MC1R variants affect the expression of melanocortin and melanogenic genes and the association between melanocortin genes and coloration.

The melanocortin-1 receptor (MC1R) gene influences coloration by altering the expression of genes acting downstream in the melanin synthesis. MC1R belongs to the melanocortin system, a genetic network coding for the ligands that regulate MC1R and other melanocortin receptors controlling different physiological and behavioural traits. The impact of MC1R variants on these regulatory melanocortin genes was never considered, even though MC1R mutations could alter the influence of these genes on coloration (e.g. by decreasing MC1R response to melanocortin ligands). Using barn owl growing feathers, we investigated the differences between MC1R genotypes in the (co)expression of six melanocortin and nine melanogenic-related genes and in the association between melanocortin gene expression and phenotype (feather pheomelanin content). Compared to the MC1R rufous allele, responsible for reddish coloration, the white allele was not only associated with an expected lower expression of melanogenic-related genes (TYR, TYRP1, OCA2, SLC45A2, KIT, DCT) but also with a lower MC1R expression and a higher expression of ASIP, the MC1R antagonist. More importantly, the expression of PCSK2, responsible for the maturation of the MC1R agonist, α-melanocyte-stimulating hormone, was positively related to pheomelanin content in MC1R white homozygotes but not in individuals carrying the MC1R rufous allele. These findings indicate that MC1R mutations not only alter the expression of melanogenic-related genes but also the association between coloration and the expression of melanocortin genes upstream of MC1R. This suggests that MC1R mutations can modulate the regulation of coloration by the pleiotropic melanocortin genes, potentially decoupling the often-observed associations between coloration and other phenotypes.

Circulating testosterone and feather-gene expression of receptors and metabolic enzymes in relation to melanin-based colouration in the barn owl.

Knowledge of how and why secondary sexual characters are associated with sex hormones is important to understand their signalling function. Such a link can occur if i) testosterone participates in the elaboration of sex-traits, ii) the display of an ornament triggers behavioural response in conspecifics that induce a rise in testosterone, or iii) genes implicated in the elaboration of a sex-trait pleiotropically regulate testosterone physiology.

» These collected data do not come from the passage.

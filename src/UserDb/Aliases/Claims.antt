-- ===== src/UserDb/Aliases/Claims.antt =====
-- AddAlias takes names that were free, or the user's already, and saves no other links.
use mnm.Prelude.{
  ℕ, ◌≡◌, ◌⊎◌, inl, inr, refl, sym, subst, ◌∙◌, Bool, true, false, not, ◌&&◌, [], ◌∷◌, ◌++◌, List,
  Text, arith, insert, eq_text, eq_of_eq_text, is_empty, if◌then◌else◌, Bool-cases,
}
use mnm.UserDb.Model.{alias_taken, Alias, Object, a_user, User, user, clear_touched}
use mnm.UserDb.Op.{UserDb, ok, err, continue}
use mnm.UserDb.Names.{escape, file_name}
use mnm.UserDb.Names.Escape.{IsBytes}
use mnm.UserDb.Record.{put_record}
use mnm.UserDb.Aliases.{alias_uid, new_alias, claim, check_free, set_named_alias}
use mnm.UserDb.Aliases.Targets.{
  Stable, Stable-refl, target, disk_target, IsLoaded, alias_uid-insert, eq_nil,
}
use mnm.UserDb.Aliases.Links.{put_record-links, added-is_clear, alias-put_record, IsOther}

-- A name that a user may take: none, or one with no target, or with this user for target.
abbrev pub IsFree : Text → Text → UserDb → Type 0
IsFree a uid db = (is_empty a ≡ true) ⊎ ((alias_uid a db ≡ []) ⊎ (alias_uid a db ≡ uid))

check_free_cases :
    (a uid : Text) (db : UserDb)
    → (IsFree a uid db × (check_free a uid db ≡ (ok tt, db)))
      ⊎ (check_free a uid db ≡ (err alias_taken, db))
unfolding check_free
check_free_cases a uid db =
    ground (arith, eq_nil (alias_uid a db), eq_of_eq_text (alias_uid a db) uid)

-- o.alias[a] = uid, unless the name is empty.
abbrev pub named : Text → Text → UserDb → UserDb
named a uid db = if is_empty a then db else record db { alias = insert a uid db.alias }

set_named_alias_lem :
    (a uid : Text) (db : UserDb) → set_named_alias a uid db ≡ (ok tt, named a uid db)
set_named_alias_lem a uid db = elim (Bool-cases (is_empty a)) [ inl e ↦ rw e | inr e ↦ rw e ]

-- AddAlias takes its names together, or neither.
claim_cases :
    (nat en uid : Text) (db : UserDb)
    → (IsFree nat uid db
        × IsFree en uid db
        × (claim nat en uid db ≡ (ok tt, named en uid (named nat uid db))))
      ⊎ (claim nat en uid db ≡ (err alias_taken, db))
unfolding claim
claim_cases nat en uid db = elim (check_free_cases nat uid db) [
  | inr e ↦ inr (rw e)
  | inl (f, e) ↦ elim (check_free_cases en uid db) [
    | inr g ↦ inr (rw e (rw g))
    | inl (k, g) ↦ inl (
      f,
      k,
      rw e (
          rw g
            (rw (set_named_alias_lem nat uid db) (set_named_alias_lem en uid (named nat uid db)))),
    )
  ]
]

-- A name that is empty, or of bytes and looked up.
abbrev pub IsFit : Text → UserDb → Type 0
IsFit a db = (is_empty a ≡ true) ⊎ (IsBytes a × IsLoaded a db)

disk-named : (a uid : Text) (db : UserDb) → (named a uid db).disk ≡ db.disk
disk-named a uid db = elim (Bool-cases (is_empty a)) [ inl e ↦ rw e | inr e ↦ rw e ]

-- Whether the name b is taken as a.
abbrev takes : Text → Text → Bool
takes a b = not (is_empty a) && eq_text a b

alias_uid-named :
    (a uid b : Text) (db : UserDb)
    → alias_uid b (named a uid db) ≡ (if takes a b then uid else alias_uid b db)
alias_uid-named a uid b db = elim (Bool-cases (is_empty a)) [
  | inl e ↦ rw e
  | inr e ↦ rw e (alias_uid-insert a uid b db)
]

module _ (uid b : Text) (bytes : IsBytes b) (d d' : UserDb) where
  -- A name that is taken had no target, or this one.
  taken-Stable :
      (a : Text)
      → takes a b ≡ true
      → IsFit a d
      → IsFree a uid d
      → alias_uid b d' ≡ uid
      → (target b d ≡ []) ⊎ (target b d' ≡ target b d)
  taken-Stable a same fit free e =
      let it : a ≡ b = eq_of_eq_text a b (ground (arith, same)) in
      let loaded : alias_uid b d ≡ target b d =
        subst (λ x. IsLoaded x d) it
          (elim fit [
            | inl blank ↦ absurd (ground (arith, same, blank))
            | inr (p, loaded) ↦ loaded
          ]) in
      let had : (alias_uid b d ≡ []) ⊎ (alias_uid b d ≡ uid) =
        subst (λ x. (alias_uid x d ≡ []) ⊎ (alias_uid x d ≡ uid)) it
          (elim free [ inl blank ↦ absurd (ground (arith, same, blank)) | inr had ↦ had ]) in
      elim had [
        | inl n ↦ inl (sym loaded ∙ n)
        | inr n ↦ elim (Bool-cases (is_empty uid)) [
          | inl blank ↦ inl (sym loaded ∙ n ∙ eq_nil uid blank)
          | inr filled ↦ inr (rw (e, filled) (sym n ∙ loaded))
        ]
      ]

  other-Stable :
      alias_uid b d' ≡ alias_uid b d → disk_target b d' ≡ disk_target b d → target b d' ≡ target b d
  other-Stable e f = rw (e, f) refl

  IsOther-fit : (a : Text) → takes a b ≡ false → IsFit a d → IsOther b uid bytes a
  IsOther-fit a h (inl e) = inl e
  IsOther-fit a h (inr (p, e)) = elim (Bool-cases (is_empty a)) [
    | inl e ↦ inl e
    | inr e ↦ inr (p, ground (arith, h, e))
  ]

module _ (crc : Object → ℕ) (uid nat en : Text) (u : User) (xs : List Alias) where
  abbrev pub saving : User
  saving = record u { aliases = clear_touched xs ++ new_alias nat en ∷ [] }

  module _ (d : UserDb) where
    abbrev taken : UserDb
    taken = named en uid (named nat uid d)

    abbrev saved : UserDb
    saved = (put_record crc user uid (a_user saving) taken).1

    saved-alias :
        (b : Text)
        → alias_uid b saved
          ≡ (if takes en b then uid else if takes nat b then uid else alias_uid b d)
    saved-alias b =
        rw (alias-put_record crc user uid (a_user saving) taken)
          (rw (alias_uid-named en uid b (named nat uid d)) (rw (alias_uid-named nat uid b d) refl))

    saved-links :
        (b : Text) (bytes : IsBytes b)
        → IsOther b uid bytes nat
        → IsOther b uid bytes en
        → disk_target b saved ≡ disk_target b d
    unfolding file_name
    saved-links b bytes h k =
        rw
          (put_record-links (escape b) crc uid saving taken
            (added-is_clear b uid bytes nat en xs h k))
          (rw (disk-named en uid (named nat uid d)) (rw (disk-named nat uid d) refl))

    saved-Stable : IsFit nat d → IsFit en d → IsFree nat uid d → IsFree en uid d → Stable d saved
    saved-Stable p q f g b bytes = elim (Bool-cases (takes en b)) [
      | inl h ↦ taken-Stable uid b bytes d saved en h q g (saved-alias b ∙ (rw h refl))
      | inr h ↦ elim (Bool-cases (takes nat b)) [
        | inl k ↦ taken-Stable uid b bytes d saved nat k p f (saved-alias b ∙ (rw (h, k) refl))
        | inr k ↦ inr (
            other-Stable uid b bytes d saved (saved-alias b ∙ (rw (h, k) refl)) (
              saved-links b bytes (IsOther-fit uid b bytes d saved nat k p)
                (IsOther-fit uid b bytes d saved en h q)))
      ]
    ]

    -- The names are taken and saved, or the user is told that one is another's.
    pub claim-Stable :
        IsFit nat d
        → IsFit en d
        → Stable d (continue (claim nat en uid d) (λ _. put_record crc user uid (a_user saving))).1
    claim-Stable p q = elim (claim_cases nat en uid d) [
      | inr e ↦ rw e (Stable-refl d)
      | inl (f, g, e) ↦ rw e (saved-Stable p q f g)
    ]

To evaluate the origin of the co-variation between melanism and testosterone, we measured this hormone and the expression of enzymes involved in its metabolism in feathers of barn owl (Tyto alba) nestlings at the time of melanogenesis and in adults outside the period of melanogenesis. Male nestlings displaying smaller black feather spots had higher levels of circulating testosterone, potentially suggesting that testosterone could block the production of eumelanin pigments, or that genes involved in the production of small spots pleiotropically regulate testosterone production. In contrast, the enzyme 5α-reductase, that metabolizes testosterone to DHT, was more expressed in feathers of reddish-brown than light-reddish nestlings. This is consistent with the hypothesis that testosterone might be involved in the expression of reddish-brown pheomelanic pigments. In breeding adults, male barn owls displaying smaller black spots had higher levels of circulating testosterone, whereas in females the opposite result was detected during the rearing period, but not during incubation. The observed sex- and age-specific co-variations between black spottiness and testosterone in nestling and adult barn owls may not result from testosterone-dependent melanogenesis, but from melanogenic genes pleiotropically regulating testosterone, or from colour-specific life history strategies that influence testosterone levels.